◆ EXERCISE REQUIREMENTS ◆
Return, exactly as written, all lines from the line containing "ls) + 2 ≤ room" to the end of the entries below, with both ends included.

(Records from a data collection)
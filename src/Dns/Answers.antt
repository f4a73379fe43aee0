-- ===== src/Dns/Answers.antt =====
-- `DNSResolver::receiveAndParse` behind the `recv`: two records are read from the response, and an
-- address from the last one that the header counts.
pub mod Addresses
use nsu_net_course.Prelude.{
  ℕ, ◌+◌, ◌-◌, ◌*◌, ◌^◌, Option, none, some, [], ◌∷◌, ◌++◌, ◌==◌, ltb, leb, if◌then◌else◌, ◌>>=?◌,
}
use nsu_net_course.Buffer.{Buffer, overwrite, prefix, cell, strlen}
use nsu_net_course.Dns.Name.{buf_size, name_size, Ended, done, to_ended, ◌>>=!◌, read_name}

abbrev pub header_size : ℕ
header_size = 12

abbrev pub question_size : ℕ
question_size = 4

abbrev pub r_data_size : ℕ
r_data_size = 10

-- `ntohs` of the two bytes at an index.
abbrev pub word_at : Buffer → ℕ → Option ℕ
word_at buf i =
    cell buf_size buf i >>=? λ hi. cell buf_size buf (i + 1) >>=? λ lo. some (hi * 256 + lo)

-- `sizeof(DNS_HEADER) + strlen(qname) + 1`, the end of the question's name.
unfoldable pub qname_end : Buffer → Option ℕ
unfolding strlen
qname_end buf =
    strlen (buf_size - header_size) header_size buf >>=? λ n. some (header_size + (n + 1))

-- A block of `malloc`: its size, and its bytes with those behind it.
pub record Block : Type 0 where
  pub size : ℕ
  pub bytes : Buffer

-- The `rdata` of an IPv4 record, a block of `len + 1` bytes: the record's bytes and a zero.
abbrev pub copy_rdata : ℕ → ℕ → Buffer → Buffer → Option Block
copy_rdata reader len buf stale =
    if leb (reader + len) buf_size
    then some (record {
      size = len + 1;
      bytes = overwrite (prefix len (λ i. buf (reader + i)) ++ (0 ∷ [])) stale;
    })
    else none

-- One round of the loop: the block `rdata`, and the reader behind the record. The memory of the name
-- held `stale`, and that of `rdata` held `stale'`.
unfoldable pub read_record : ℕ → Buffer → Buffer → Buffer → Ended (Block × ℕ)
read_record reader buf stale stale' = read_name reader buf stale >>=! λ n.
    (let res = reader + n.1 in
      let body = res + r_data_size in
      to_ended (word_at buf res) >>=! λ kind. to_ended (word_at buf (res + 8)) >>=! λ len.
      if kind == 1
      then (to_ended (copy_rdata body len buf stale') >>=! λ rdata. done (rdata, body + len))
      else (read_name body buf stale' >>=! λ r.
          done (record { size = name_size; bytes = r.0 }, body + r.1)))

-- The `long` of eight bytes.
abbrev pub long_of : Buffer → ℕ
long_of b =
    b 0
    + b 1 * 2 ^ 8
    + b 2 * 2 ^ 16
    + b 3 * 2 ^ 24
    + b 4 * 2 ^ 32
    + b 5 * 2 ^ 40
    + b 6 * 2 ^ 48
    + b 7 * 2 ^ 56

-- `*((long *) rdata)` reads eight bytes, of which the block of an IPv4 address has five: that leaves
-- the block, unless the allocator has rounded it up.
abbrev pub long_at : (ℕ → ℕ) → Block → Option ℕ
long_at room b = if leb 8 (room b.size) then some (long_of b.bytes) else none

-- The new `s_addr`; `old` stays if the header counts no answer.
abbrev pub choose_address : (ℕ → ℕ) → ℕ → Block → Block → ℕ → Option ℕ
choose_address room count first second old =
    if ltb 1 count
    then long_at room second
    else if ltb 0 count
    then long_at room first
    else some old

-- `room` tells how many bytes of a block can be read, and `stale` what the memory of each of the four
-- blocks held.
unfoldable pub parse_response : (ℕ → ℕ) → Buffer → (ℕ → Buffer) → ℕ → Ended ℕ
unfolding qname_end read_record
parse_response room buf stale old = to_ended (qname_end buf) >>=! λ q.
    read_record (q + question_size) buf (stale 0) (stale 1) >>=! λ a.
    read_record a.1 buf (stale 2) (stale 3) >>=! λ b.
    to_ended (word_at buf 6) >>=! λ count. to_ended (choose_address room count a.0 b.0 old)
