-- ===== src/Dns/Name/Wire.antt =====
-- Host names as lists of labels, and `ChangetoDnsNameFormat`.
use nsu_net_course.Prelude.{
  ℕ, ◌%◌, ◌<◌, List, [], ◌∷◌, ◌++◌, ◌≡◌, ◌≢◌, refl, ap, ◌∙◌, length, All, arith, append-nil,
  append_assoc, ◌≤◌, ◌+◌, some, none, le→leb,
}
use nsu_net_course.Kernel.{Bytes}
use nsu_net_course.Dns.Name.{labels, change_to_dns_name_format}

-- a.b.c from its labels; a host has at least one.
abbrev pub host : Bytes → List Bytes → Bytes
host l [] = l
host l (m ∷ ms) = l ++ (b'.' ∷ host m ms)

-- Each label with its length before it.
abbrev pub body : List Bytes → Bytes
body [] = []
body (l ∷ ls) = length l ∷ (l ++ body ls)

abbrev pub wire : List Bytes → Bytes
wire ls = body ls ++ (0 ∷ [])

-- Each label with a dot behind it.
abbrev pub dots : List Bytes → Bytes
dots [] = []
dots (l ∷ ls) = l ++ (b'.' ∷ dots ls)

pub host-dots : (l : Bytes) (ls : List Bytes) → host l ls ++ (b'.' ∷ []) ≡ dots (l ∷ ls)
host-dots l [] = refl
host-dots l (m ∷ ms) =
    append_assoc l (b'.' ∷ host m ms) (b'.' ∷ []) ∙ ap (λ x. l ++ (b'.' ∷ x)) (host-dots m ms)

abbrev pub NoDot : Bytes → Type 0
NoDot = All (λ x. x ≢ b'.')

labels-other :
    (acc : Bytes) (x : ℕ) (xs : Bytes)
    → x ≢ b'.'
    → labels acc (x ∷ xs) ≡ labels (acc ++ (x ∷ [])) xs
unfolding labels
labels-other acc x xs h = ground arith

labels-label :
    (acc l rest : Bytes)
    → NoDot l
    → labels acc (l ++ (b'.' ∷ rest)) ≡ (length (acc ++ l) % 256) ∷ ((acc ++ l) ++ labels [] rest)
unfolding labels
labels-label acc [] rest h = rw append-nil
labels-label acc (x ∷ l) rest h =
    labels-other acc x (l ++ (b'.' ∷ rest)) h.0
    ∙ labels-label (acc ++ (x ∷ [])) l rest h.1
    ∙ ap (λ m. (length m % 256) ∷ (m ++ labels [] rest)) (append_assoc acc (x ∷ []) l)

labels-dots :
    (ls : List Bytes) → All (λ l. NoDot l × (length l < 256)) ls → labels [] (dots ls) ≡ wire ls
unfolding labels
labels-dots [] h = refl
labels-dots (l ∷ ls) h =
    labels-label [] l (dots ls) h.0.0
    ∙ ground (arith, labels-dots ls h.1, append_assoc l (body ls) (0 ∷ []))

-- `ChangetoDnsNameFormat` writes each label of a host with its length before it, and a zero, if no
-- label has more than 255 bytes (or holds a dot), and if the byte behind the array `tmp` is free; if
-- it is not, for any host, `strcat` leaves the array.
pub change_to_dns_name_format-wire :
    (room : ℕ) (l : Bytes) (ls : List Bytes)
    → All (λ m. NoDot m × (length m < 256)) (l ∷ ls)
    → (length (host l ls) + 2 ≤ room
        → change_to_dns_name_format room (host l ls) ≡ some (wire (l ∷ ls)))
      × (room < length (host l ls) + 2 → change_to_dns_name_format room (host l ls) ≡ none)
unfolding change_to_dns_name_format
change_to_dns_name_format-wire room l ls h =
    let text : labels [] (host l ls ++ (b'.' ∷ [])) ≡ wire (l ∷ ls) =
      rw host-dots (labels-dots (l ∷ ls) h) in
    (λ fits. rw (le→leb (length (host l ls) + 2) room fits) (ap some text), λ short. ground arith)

◆ COMPLETED TASK ◆
    → (length (host l ls) + 2 ≤ room
        → change_to_dns_name_format room (host l ls) ≡ some (wire (l ∷ ls)))
      × (room < length (host l ls) + 2 → change_to_dns_name_format room (host l ls) ≡ none)
unfolding change_to_dns_name_format
change_to_dns_name_format-wire room l ls h =
    let text : labels [] (host l ls ++ (b'.' ∷ [])) ≡ wire (l ∷ ls) =
      rw host-dots (labels-dots (l ∷ ls) h) in
    (λ fits. rw (le→leb (length (host l ls) + 2) room fits) (ap some text), λ short. ground arith)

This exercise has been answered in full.